# Supprimer un iPad de "Mes appareils"



## Darkira (31 Octobre 2014)

bonjour,

J'ai configuré un compte iCloud sur un iPad Air 2 (qui m'appartient) et j'aimerais maintenant faire disparaitre l'iPad de l'emplacement "Mes appareils" sur le compte iCloud en question car ils ne sont plus liés du tout.

Lorsque je me rends sur le compte iCloud en question je vois bien l'iphone de la personne et MON iPad et j'aimerais qu'il disparaisse puisque l'iPad ne lui appartient pas (et que mes tests sont finis...)

un Exemple sur mon Compte iCloud : 






J'ai déja fait le nécessaire sur "Localiser mes DEvices" il a bien disparu d'a peu près partout, sauf a cet endroit !

Merci d'avance.


----------



## Alexis176 (31 Octobre 2014)

Très intéressé par la réponse également. 
J'ai l'iPad 4 et l'iPhone 5 qui s'affichent alors qu'ils ne sont plus connectés à mon compte iCloud (encore moins à "Localiser").
J'ai également essayé de les supprimer via la page "supportprofile" du site d'Apple, mais rien n'y fait.


----------



## Filemux (1 Novembre 2014)

Bonjour,

Ce lien pourra peut-être t'aider  : http://www.vipad.fr/post/pratique-preparer-ipad-vendre-ipad

A bientôt


----------



## kasimodem (2 Novembre 2014)

Darkira a dit:


> J'ai déja fait le nécessaire sur "Localiser mes DEvices" il a bien disparu d'a peu près partout, sauf a cet endroit !


Bonjour,

Tout ce qu'il y avait à faire comme actions de pré-vente a bien été fait, ce qui reste affiché dans Réglages sur iCloud n'est pour le moment pas modifiable, il faudra attendre une mise à jour de ce service par Apple.

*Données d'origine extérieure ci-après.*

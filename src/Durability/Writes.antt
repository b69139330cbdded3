-- ===== src/Durability/Writes.antt =====
-- A write of a program: of the current epoch in every phase, or, in the wait, of the one before.
use escort.Prelude.{
  ℕ, ◌+◌, ◌<◌, ◌≡◌, ◌⊎◌, refl, sym, ap, ◌∙◌, inl, inr, Bool, true, not, some, List, update, ==_iff,
  arith,
}
use escort.Address.{num_lines, line_addr}
use escort.Bitmap.{is_set}
use escort.Epoch.{epoch}
use escort.Plog.{Cacheline}
use escort.World.{curr_of}
use escort.RedoLog.{RedoLogs}
use escort.Snapshot
use escort.Snapshot.Steps
use escort.EpochProtocol.{inside}
use escort.EpochHeap.{Heaps}
use escort.Durability.{threads, Phase, resting, waiting, logging, replaying, clearing, Run, Ordered}
use escort.Durability.Lines.{lines_of}
use escort.Durability.Late.{late_write-Inv}
use escort.Durability.Resting.{write-Boundary}
use escort.Durability.Invariant.{
  cur, AllPassed, Open, Closing, Waiting, Updating, InPhase, Simulates, passed-parity,
  waiting_cases,
}

module _ (L : RedoLogs) (offset n : ℕ) (s : Run L.State) (l : ℕ) (val : Cacheline)
    (bound : l < num_lines) where
  open L use {State}

  abbrev pub written : Run State
  written = record s { world = record s.world { dram = update s.world.dram (line_addr l) val } }

  -- The heap of the current epoch, and that of the one that ends.
  abbrev now : Heaps → Heaps
  now h = record h { current = update h.current l val }

  write-Open :
      (h : Heaps)
      → is_set (s.world.bitmap (cur s.sys)) l ≡ true
      → Open L offset n s h
      → Open L offset n written (now h)
  write-Open h marked o = record {
    todo = o.todo;
    boundary =
        write-Boundary L offset (threads n) (cur s.sys) s.world o.todo o.boundary l val bound
          marked;
    not_closing = o.not_closing;
    passed = o.passed;
    lists = o.lists;
    durable = o.durable;
  }

  write-Closing :
      (h : Heaps) (p : Bool) (snapshot : ℕ → Cacheline) (todo : List ℕ)
      → is_set (s.world.bitmap (not p)) l ≡ true
      → Closing L offset n p snapshot todo s h
      → Closing L offset n p snapshot todo written (now h)
  write-Closing h p snapshot todo marked c = record {
    parity = c.parity;
    inv = Snapshot.Steps.Step-Inv L offset (threads n) p (Snapshot.write l val bound marked) c.inv;
    is_closing = c.is_closing;
    lists = c.lists;
    cover = c.cover;
    covers = c.covers;
    durable = c.durable;
  }

  write-Updating :
      (h : Heaps) (p : Bool) (snapshot : ℕ → Cacheline)
      → is_set (s.world.bitmap (not p)) l ≡ true
      → Updating L offset n p snapshot s h
      → Updating L offset n p snapshot written (now h)
  write-Updating h p snapshot marked u = record {
    parity = u.parity;
    inv = Snapshot.Steps.Step-Inv L offset (threads n) p (Snapshot.write l val bound marked) u.inv;
    not_closing = u.not_closing;
    passed = u.passed;
    lists = u.lists;
    cover = u.cover;
    covers = u.covers;
    durable = u.durable;
  }

  -- What a write of an operation of epoch `e` does to the other two heaps: nothing, or, where that epoch
  -- ends, to the one that is closing what it does to the current one.
  abbrev pub Wrote : ℕ → Phase → Heaps → Heaps → Type 0
  Wrote e ph h h' =
      ((epoch e ≡ epoch s.sys.global_epoch) × (h'.closing ≡ h.closing) × (h'.durable ≡ h.durable))
      ⊎ ((epoch e + 1 ≡ epoch s.sys.global_epoch)
          × (ph ≡ waiting)
          × (h'.durable ≡ h.durable)
          × (ended : ℕ → Cacheline) × (h.closing ≡ some ended)
          × (h'.closing ≡ some (update ended l val)))

  module _ (h : Heaps) (v : Simulates L offset n s h) (i e : ℕ) (r : i < n)
      (here : s.sys.pc i ≡ inside e) (marked : is_set (s.world.bitmap (curr_of e)) l ≡ true)
      (ordered : Ordered L offset n s e l) where
    abbrev marked_in : (c : Bool) → curr_of e ≡ c → is_set (s.world.bitmap c) l ≡ true
    marked_in c same = ap (λ k. is_set (s.world.bitmap k) l) (sym same) ∙ marked

    write-waiting :
        (p : Bool) (snapshot : ℕ → Cacheline) (todo : List ℕ)
        → Waiting L offset n p snapshot todo s h
        → (h' : Heaps) × Wrote e waiting h h'
          × InPhase L offset n written h' waiting
          × (h'.current ≡ update h.current l val)
    write-waiting p snapshot todo w =
        elim (waiting_cases L offset n s v.protocol_holds i e r here p l w.closing.parity ordered) [
          | inl (same, new) ↦ (
            now h,
            inl (same, refl, refl),
            (
              p,
              snapshot,
              todo,
              record {
                closing = write-Closing h p snapshot todo (marked_in (not p) new) w.closing;
                copied = w.copied;
                old_lists = w.old_lists;
              },
            ),
            refl,
          )
          | inr (before, old, alone) ↦
              let c = w.closing in
              (
                record h {
                  current = update h.current l val;
                  closing = some (update snapshot l val);
                },
                inr (before, refl, refl, snapshot, c.is_closing, refl),
                (
                  p,
                  update snapshot l val,
                  todo,
                  record {
                    closing = record {
                      parity = c.parity;
                      inv =
                          late_write-Inv L offset (threads n) p c.inv l bound alone val
                            (marked_in p old) w.copied;
                      is_closing = refl;
                      lists = c.lists;
                      cover = c.cover;
                      covers = c.covers;
                      durable = c.durable;
                    };
                    copied = w.copied;
                    old_lists = w.old_lists;
                  },
                ),
                refl,
              )
        ]

    write-closed :
        (p : Bool) (snapshot : ℕ → Cacheline) (todo : List ℕ)
        → Closing L offset n p snapshot todo s h
        → AllPassed n s.sys
        → Closing L offset n p snapshot todo written (now h)
    write-closed p snapshot todo c all =
        write-Closing h p snapshot todo
          (marked_in (not p)
            (passed-parity L offset n s v.protocol_holds i e r here all ∙ c.parity))
          c

    written-Updating :
        (p : Bool) (snapshot : ℕ → Cacheline)
        → Updating L offset n p snapshot s h
        → Updating L offset n p snapshot written (now h)
    written-Updating p snapshot u =
        write-Updating h p snapshot
          (marked_in (not p)
            (passed-parity L offset n s v.protocol_holds i e r here u.passed ∙ u.parity))
          u

    pub write-InPhase :
        (ph : Phase)
        → InPhase L offset n s h ph
        → (h' : Heaps) × Wrote e ph h h'
          × InPhase L offset n written h' ph
          × (h'.current ≡ update h.current l val)
    write-InPhase resting o = (
      now h,
      inl (v.protocol_holds.waited i e here (o.passed i r), refl, refl),
      write-Open h
          (marked_in (cur s.sys) (passed-parity L offset n s v.protocol_holds i e r here o.passed))
          o,
      refl,
    )
    write-InPhase waiting (p, snapshot, todo, w) = write-waiting p snapshot todo w
    write-InPhase (logging ts) (p, snapshot, c, all) = (
      now h,
      inl (v.protocol_holds.waited i e here (all i r), refl, refl),
      (p, snapshot, write-closed p snapshot (lines_of ts) c all, all),
      refl,
    )
    write-InPhase (replaying ids) (p, snapshot, u, rest) = (
      now h,
      inl (v.protocol_holds.waited i e here (u.passed i r), refl, refl),
      (p, snapshot, written-Updating p snapshot u, rest),
      refl,
    )
    write-InPhase (clearing ids) (p, snapshot, u, rest) = (
      now h,
      inl (v.protocol_holds.waited i e here (u.passed i r), refl, refl),
      (p, snapshot, written-Updating p snapshot u, rest),
      refl,
    )

    pub write-Simulates :
        (h' : Heaps) × Wrote e s.phase h h'
        × (h'.current ≡ update h.current l val)
        × Simulates L offset n written h'
    write-Simulates =
        let (h', st, ph, cur') = write-InPhase s.phase v.in_phase in
        (
          h',
          st,
          cur',
          record {
            protocol_holds = v.protocol_holds;
            bounded = v.bounded;
            current = λ x b. ap (λ f. f x) cur' ∙ ground (arith, v.current x b, ==_iff l x);
            in_phase = ph;
          },
        )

Mais aucun souci, ton appareil est bien déréférencé


----------



## Liena (2 Novembre 2014)

Bonsoir,
Je rencontre également ce problème : comment enlever mon ipad de mon "support profile" Apple ? 
Il a bien été "délocalisé", sur l'appareil, et n'apparaît plus dans "icloud.com-localiser" (n'apparaissent que mon iphone et mon Imac).
Bref, c'est pénible...


----------



## Darkira (3 Novembre 2014)

kasimodem a dit:


> Bonjour,
> 
> Tout ce qu'il y avait à faire comme actions de pré-vente a bien été fait, ce qui reste affiché dans Réglages sur iCloud n'est pour le moment pas modifiable, il faudra attendre une mise à jour de ce service par Apple. Mais aucun souci, ton appareil est bien déréférencé



No way ... C'est donc impossible de modifier/supprimer l'iPad à l'emplacement que je souhaite ? Bon je ne suis pas encore riche donc ça va je n'ai qu'un iPad pour le moment je ne risque pas de le confondre avec un autre mais c'est très surprenant de la part d'Apple de laisser "ce genre de trace" surtout qu'ils n'ont pas 1500 appareils donc si je configure 5 iPad avec mon compte je dois comprendre que les 5 iPad apparaitront ici ?

Merci en tout cas pour la réponse au moins je comprends mieux pourquoi je ne trouvais rien.


----------